◆ Exercise description: The lines to copy are those in the records below that hold the word "unfolding".

Stored items from a collection
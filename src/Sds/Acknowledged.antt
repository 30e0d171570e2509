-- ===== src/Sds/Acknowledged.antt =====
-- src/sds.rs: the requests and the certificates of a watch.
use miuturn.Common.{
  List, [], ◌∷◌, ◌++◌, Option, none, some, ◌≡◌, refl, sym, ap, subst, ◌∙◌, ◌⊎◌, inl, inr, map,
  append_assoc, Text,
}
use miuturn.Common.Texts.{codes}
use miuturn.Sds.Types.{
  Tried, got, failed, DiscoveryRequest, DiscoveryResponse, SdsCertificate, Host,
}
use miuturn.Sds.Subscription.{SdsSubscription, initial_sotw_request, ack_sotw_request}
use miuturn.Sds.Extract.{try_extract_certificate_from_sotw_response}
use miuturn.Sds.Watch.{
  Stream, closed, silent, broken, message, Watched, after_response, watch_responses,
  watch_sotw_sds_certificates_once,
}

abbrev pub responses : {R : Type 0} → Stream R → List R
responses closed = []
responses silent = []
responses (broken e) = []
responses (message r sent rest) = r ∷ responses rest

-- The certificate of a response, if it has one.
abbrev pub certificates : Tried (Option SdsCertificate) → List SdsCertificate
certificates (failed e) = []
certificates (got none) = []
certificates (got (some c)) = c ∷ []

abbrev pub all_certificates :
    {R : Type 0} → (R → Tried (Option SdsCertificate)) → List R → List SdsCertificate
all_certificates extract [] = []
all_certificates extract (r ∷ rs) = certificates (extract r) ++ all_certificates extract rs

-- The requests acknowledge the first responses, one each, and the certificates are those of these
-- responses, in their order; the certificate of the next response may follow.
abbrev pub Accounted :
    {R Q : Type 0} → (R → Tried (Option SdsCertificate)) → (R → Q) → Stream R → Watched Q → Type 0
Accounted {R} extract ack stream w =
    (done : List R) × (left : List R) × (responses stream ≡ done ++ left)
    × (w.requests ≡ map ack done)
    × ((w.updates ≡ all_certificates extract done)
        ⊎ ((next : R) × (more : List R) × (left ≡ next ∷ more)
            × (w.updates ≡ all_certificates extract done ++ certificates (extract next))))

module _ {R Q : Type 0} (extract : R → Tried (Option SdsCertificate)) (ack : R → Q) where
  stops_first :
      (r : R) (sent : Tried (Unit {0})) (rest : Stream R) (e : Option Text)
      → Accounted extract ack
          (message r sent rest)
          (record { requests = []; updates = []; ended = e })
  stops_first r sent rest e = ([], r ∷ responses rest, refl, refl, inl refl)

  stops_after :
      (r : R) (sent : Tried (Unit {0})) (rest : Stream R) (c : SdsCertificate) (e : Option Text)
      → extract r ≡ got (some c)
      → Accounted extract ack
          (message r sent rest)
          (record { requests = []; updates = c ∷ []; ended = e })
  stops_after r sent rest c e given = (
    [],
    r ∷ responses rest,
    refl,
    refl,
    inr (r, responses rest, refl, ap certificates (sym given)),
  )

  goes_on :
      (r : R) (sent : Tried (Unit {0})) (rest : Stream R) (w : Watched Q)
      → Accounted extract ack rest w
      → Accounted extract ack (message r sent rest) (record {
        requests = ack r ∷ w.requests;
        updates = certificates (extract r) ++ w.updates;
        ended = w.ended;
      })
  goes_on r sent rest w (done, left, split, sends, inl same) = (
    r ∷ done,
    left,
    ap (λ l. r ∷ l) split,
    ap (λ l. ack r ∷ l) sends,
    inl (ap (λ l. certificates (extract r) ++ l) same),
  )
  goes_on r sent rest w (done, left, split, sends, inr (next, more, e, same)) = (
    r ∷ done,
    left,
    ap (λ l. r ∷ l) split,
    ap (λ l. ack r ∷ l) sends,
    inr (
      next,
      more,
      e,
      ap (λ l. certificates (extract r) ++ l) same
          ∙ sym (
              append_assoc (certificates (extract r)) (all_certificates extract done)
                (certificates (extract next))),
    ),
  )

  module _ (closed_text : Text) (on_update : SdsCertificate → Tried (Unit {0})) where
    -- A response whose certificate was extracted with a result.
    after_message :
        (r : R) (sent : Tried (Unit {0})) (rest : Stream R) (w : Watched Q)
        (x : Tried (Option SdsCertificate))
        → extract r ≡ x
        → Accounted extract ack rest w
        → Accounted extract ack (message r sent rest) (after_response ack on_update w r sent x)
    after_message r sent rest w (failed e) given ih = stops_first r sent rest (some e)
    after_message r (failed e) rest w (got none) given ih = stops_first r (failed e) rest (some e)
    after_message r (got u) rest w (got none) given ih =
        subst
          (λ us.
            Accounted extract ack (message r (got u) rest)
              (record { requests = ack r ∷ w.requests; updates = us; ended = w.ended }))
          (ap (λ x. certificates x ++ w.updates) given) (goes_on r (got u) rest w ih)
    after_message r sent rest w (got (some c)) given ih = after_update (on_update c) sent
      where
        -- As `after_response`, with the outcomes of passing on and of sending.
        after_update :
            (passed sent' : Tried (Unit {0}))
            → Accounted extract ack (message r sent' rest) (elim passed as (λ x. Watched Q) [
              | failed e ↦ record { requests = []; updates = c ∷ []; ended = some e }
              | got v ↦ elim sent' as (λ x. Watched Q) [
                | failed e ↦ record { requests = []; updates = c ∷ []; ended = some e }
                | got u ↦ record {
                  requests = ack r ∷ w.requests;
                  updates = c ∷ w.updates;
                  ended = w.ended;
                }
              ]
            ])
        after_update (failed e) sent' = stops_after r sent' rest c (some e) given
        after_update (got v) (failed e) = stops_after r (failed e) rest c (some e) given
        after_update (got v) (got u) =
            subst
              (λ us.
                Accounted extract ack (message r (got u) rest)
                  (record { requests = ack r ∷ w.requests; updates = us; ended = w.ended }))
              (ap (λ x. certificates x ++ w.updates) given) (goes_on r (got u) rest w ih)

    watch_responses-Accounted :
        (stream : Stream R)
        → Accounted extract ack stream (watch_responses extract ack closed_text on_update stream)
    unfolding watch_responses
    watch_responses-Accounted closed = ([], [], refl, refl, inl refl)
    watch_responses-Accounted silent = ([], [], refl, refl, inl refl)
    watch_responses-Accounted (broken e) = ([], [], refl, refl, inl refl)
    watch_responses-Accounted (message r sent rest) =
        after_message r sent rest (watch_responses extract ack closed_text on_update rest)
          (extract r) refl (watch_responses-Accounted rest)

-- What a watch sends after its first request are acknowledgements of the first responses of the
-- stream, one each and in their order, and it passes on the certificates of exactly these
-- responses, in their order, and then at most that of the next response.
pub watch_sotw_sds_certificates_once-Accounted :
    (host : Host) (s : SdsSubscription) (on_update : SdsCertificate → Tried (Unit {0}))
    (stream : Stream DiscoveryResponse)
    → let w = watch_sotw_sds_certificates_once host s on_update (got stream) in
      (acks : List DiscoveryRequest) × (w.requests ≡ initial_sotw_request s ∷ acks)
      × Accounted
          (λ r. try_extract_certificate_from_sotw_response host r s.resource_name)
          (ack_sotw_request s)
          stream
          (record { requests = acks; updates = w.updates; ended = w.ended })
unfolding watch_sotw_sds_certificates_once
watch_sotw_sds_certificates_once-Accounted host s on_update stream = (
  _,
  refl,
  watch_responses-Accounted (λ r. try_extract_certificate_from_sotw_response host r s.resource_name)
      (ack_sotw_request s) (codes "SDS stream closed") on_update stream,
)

◆ Answer for this exercise:
    unfolding watch_responses
unfolding watch_sotw_sds_certificates_once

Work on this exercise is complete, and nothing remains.